After locating the line that contains "(r : AggregatedPrice" in the data below, set down exactly that line and each one after it through the line that contains "now d a s))", and nothing more.

══ Given data ══

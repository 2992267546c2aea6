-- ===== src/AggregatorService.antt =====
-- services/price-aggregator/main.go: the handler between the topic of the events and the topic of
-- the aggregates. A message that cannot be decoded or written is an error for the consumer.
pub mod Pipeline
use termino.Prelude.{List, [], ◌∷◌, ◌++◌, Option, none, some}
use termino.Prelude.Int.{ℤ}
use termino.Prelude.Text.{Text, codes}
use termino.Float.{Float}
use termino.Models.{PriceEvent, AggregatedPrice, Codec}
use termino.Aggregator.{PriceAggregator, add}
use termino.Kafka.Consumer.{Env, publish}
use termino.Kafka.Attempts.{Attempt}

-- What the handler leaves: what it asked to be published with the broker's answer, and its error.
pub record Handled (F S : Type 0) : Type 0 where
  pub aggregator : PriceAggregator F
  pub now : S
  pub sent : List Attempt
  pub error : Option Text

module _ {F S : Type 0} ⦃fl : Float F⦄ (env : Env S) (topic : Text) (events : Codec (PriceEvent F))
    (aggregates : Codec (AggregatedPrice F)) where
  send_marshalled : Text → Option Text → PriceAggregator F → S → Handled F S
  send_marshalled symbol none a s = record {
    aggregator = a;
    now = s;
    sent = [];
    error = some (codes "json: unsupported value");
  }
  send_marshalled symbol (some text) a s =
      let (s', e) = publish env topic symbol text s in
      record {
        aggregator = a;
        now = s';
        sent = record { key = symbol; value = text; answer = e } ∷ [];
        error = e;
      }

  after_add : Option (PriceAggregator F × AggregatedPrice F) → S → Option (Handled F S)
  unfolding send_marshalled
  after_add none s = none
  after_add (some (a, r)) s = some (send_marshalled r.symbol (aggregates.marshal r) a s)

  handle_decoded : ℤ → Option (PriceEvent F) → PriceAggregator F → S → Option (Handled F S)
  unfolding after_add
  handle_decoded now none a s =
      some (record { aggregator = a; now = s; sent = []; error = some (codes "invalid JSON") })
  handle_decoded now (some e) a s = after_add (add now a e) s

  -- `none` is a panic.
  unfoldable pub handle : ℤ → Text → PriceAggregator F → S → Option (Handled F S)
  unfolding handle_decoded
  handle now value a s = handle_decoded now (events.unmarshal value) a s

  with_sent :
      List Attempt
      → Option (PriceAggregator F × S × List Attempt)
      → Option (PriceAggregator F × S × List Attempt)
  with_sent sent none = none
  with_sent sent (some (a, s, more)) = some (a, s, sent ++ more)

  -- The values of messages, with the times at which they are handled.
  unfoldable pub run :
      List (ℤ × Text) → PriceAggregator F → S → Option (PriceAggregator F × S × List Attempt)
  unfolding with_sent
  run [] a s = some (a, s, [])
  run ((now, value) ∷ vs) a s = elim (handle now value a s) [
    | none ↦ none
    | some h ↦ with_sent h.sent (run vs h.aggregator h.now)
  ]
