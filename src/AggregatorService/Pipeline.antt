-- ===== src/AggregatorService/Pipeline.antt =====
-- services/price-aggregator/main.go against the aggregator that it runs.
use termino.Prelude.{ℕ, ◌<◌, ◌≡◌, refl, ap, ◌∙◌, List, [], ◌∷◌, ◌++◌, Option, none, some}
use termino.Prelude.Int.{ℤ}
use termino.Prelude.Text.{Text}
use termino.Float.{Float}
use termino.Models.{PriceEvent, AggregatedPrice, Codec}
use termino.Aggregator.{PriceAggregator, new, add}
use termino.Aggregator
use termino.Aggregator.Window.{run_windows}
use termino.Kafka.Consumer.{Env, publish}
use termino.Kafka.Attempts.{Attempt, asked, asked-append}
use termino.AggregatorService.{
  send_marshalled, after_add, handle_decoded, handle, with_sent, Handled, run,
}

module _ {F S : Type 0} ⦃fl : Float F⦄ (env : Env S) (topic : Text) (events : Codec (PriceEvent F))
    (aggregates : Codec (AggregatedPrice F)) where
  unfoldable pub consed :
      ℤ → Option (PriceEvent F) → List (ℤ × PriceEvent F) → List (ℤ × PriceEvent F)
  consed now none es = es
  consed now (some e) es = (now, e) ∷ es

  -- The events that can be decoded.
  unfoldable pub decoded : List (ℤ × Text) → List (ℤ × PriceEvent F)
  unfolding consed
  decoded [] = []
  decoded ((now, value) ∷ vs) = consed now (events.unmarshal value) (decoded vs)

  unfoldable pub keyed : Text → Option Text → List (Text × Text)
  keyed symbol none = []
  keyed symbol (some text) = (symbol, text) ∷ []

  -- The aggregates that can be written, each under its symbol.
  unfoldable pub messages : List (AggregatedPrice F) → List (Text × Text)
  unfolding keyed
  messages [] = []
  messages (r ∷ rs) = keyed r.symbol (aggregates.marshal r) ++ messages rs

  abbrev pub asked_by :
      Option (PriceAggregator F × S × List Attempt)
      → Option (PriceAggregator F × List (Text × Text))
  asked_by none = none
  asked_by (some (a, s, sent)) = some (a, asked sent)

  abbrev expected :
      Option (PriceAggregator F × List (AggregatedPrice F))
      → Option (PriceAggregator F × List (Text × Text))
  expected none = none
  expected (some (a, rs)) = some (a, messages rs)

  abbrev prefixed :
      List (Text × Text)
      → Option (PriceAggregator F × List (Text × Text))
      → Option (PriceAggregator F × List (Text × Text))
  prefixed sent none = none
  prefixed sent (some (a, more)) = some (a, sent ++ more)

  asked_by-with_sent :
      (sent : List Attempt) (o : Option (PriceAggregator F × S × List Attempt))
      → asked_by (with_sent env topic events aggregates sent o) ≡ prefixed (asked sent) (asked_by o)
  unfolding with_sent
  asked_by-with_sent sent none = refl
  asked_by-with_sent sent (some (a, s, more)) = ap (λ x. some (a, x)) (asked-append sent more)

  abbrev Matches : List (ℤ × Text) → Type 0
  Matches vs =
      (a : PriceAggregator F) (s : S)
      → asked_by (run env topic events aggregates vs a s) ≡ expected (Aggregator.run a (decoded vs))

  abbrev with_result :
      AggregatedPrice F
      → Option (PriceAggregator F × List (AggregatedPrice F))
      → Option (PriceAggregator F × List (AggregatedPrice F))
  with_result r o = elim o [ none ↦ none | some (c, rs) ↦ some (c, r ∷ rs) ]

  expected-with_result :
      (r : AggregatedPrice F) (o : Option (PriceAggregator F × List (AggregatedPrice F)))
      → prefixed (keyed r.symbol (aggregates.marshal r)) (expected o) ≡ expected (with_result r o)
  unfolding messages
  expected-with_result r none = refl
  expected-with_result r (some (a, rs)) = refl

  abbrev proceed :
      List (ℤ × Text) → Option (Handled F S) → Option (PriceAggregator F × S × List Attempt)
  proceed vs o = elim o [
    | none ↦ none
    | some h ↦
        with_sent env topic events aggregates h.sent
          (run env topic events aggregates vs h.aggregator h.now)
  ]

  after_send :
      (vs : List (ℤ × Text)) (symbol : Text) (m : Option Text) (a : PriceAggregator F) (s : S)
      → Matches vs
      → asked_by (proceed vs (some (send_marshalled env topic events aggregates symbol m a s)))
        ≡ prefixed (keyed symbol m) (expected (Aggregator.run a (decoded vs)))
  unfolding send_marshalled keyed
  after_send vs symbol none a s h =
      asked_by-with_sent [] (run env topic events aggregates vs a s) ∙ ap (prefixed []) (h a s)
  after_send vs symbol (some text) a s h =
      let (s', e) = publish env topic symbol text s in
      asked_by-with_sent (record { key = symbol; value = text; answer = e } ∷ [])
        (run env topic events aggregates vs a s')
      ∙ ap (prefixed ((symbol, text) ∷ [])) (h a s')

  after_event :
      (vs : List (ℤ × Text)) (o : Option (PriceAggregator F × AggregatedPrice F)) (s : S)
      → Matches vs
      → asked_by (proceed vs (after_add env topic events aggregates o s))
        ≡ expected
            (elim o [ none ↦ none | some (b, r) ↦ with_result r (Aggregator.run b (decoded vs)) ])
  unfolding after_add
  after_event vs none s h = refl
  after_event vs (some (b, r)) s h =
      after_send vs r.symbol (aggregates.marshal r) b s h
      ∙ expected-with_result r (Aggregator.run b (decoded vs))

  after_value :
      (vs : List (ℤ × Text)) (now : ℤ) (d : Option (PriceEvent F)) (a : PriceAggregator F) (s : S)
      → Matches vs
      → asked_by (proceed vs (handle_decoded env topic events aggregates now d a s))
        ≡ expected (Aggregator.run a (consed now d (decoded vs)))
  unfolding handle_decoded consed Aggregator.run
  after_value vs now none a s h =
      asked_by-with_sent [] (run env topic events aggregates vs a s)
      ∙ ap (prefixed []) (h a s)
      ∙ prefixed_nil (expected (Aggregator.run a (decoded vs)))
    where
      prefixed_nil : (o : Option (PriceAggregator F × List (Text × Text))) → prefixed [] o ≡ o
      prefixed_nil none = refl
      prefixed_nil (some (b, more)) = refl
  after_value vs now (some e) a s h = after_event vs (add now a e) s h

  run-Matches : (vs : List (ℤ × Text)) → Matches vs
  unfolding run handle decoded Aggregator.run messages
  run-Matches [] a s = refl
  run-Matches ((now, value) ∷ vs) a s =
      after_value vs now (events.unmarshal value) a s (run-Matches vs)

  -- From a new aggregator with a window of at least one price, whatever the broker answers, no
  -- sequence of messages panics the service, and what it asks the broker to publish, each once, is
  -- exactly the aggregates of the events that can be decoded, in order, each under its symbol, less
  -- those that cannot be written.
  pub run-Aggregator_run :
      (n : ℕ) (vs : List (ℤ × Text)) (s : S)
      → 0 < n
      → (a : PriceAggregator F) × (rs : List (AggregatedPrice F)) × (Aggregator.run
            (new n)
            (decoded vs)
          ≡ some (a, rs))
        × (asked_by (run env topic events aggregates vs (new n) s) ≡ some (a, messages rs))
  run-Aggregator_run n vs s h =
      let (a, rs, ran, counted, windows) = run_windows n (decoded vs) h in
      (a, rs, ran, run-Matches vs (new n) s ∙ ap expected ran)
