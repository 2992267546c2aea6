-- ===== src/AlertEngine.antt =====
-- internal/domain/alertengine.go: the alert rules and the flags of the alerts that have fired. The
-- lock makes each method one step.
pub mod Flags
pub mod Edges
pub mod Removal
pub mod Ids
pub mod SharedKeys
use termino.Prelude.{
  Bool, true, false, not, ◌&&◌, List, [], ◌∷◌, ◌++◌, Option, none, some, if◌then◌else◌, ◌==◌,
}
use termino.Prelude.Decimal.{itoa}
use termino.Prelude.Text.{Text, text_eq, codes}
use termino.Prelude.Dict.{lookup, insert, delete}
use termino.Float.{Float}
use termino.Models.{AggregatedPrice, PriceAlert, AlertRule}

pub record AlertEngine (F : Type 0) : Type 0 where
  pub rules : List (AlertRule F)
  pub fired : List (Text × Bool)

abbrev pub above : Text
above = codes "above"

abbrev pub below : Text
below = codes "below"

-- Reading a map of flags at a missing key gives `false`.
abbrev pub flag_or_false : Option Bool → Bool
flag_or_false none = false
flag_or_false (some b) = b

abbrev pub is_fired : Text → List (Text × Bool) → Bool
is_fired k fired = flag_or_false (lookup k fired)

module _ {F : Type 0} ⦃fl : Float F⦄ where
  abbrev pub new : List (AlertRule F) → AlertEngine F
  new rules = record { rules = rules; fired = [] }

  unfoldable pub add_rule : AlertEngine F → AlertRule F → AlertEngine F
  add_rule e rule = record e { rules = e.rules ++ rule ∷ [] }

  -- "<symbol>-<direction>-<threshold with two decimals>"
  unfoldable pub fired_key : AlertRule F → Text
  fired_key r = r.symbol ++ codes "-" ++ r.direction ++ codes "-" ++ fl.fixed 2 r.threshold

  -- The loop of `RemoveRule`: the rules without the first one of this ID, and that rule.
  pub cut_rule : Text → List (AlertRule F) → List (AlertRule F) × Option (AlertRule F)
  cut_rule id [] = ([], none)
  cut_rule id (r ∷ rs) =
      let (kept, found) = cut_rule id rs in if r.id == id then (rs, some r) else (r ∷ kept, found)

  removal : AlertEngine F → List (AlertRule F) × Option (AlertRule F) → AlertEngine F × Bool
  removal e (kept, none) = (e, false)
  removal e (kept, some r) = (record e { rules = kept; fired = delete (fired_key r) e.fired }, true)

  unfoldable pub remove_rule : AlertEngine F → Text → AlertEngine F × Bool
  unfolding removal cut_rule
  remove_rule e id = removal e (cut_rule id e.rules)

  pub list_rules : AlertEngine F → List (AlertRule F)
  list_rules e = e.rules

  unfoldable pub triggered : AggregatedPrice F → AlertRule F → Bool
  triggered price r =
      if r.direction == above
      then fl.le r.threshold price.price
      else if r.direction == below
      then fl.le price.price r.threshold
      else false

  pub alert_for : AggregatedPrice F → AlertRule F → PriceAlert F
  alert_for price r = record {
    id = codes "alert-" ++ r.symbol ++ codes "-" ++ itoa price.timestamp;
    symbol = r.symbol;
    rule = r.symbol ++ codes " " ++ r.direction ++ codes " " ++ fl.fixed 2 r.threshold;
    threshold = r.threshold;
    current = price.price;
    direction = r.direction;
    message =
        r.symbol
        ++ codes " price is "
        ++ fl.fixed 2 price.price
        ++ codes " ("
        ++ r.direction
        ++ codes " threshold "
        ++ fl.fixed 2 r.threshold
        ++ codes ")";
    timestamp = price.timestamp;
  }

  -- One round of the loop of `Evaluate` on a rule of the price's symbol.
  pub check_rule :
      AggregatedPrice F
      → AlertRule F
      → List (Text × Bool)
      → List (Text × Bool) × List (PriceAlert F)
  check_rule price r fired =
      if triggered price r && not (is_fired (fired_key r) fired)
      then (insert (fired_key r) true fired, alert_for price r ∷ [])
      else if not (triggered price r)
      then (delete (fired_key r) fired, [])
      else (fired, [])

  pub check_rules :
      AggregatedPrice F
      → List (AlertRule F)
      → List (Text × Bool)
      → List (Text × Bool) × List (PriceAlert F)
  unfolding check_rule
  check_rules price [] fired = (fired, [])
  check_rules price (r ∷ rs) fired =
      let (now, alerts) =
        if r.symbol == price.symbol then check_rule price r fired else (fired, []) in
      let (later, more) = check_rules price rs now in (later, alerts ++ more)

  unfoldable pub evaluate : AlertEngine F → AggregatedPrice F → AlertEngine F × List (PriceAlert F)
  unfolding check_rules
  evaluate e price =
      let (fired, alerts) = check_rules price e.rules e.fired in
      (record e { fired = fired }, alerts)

═══

Answer to the exercise:
      (r : AggregatedPrice F) (o : Option (PriceAggregator F × List (AggregatedPrice F)))
      → prefixed (keyed r.symbol (aggregates.marshal r)) (expected o) ≡ expected (with_result r o)
  unfolding messages
  expected-with_result r none = refl
  expected-with_result r (some (a, rs)) = refl

  abbrev proceed :
      List (ℤ × Text) → Option (Handled F S) → Option (PriceAggregator F × S × List Attempt)
  proceed vs o = elim o [
    | none ↦ none
    | some h ↦
        with_sent env topic events aggregates h.sent
          (run env topic events aggregates vs h.aggregator h.now)
  ]

  after_send :
      (vs : List (ℤ × Text)) (symbol : Text) (m : Option Text) (a : PriceAggregator F) (s : S)
      → Matches vs
      → asked_by (proceed vs (some (send_marshalled env topic events aggregates symbol m a s)))
        ≡ prefixed (keyed symbol m) (expected (Aggregator.run a (decoded vs)))
  unfolding send_marshalled keyed
  after_send vs symbol none a s h =
      asked_by-with_sent [] (run env topic events aggregates vs a s) ∙ ap (prefixed []) (h a s)
  after_send vs symbol (some text) a s h =
      let (s', e) = publish env topic symbol text s in
      asked_by-with_sent (record { key = symbol; value = text; answer = e } ∷ [])
        (run env topic events aggregates vs a s')
      ∙ ap (prefixed ((symbol, text) ∷ [])) (h a s')

  after_event :
      (vs : List (ℤ × Text)) (o : Option (PriceAggregator F × AggregatedPrice F)) (s : S)
      → Matches vs
      → asked_by (proceed vs (after_add env topic events aggregates o s))
        ≡ expected
            (elim o [ none ↦ none | some (b, r) ↦ with_result r (Aggregator.run b (decoded vs)) ])
  unfolding after_add
  after_event vs none s h = refl
  after_event vs (some (b, r)) s h =
      after_send vs r.symbol (aggregates.marshal r) b s h
      ∙ expected-with_result r (Aggregator.run b (decoded vs))

  after_value :
      (vs : List (ℤ × Text)) (now : ℤ) (d : Option (PriceEvent F)) (a : PriceAggregator F) (s : S)
      → Matches vs
      → asked_by (proceed vs (handle_decoded env topic events aggregates now d a s))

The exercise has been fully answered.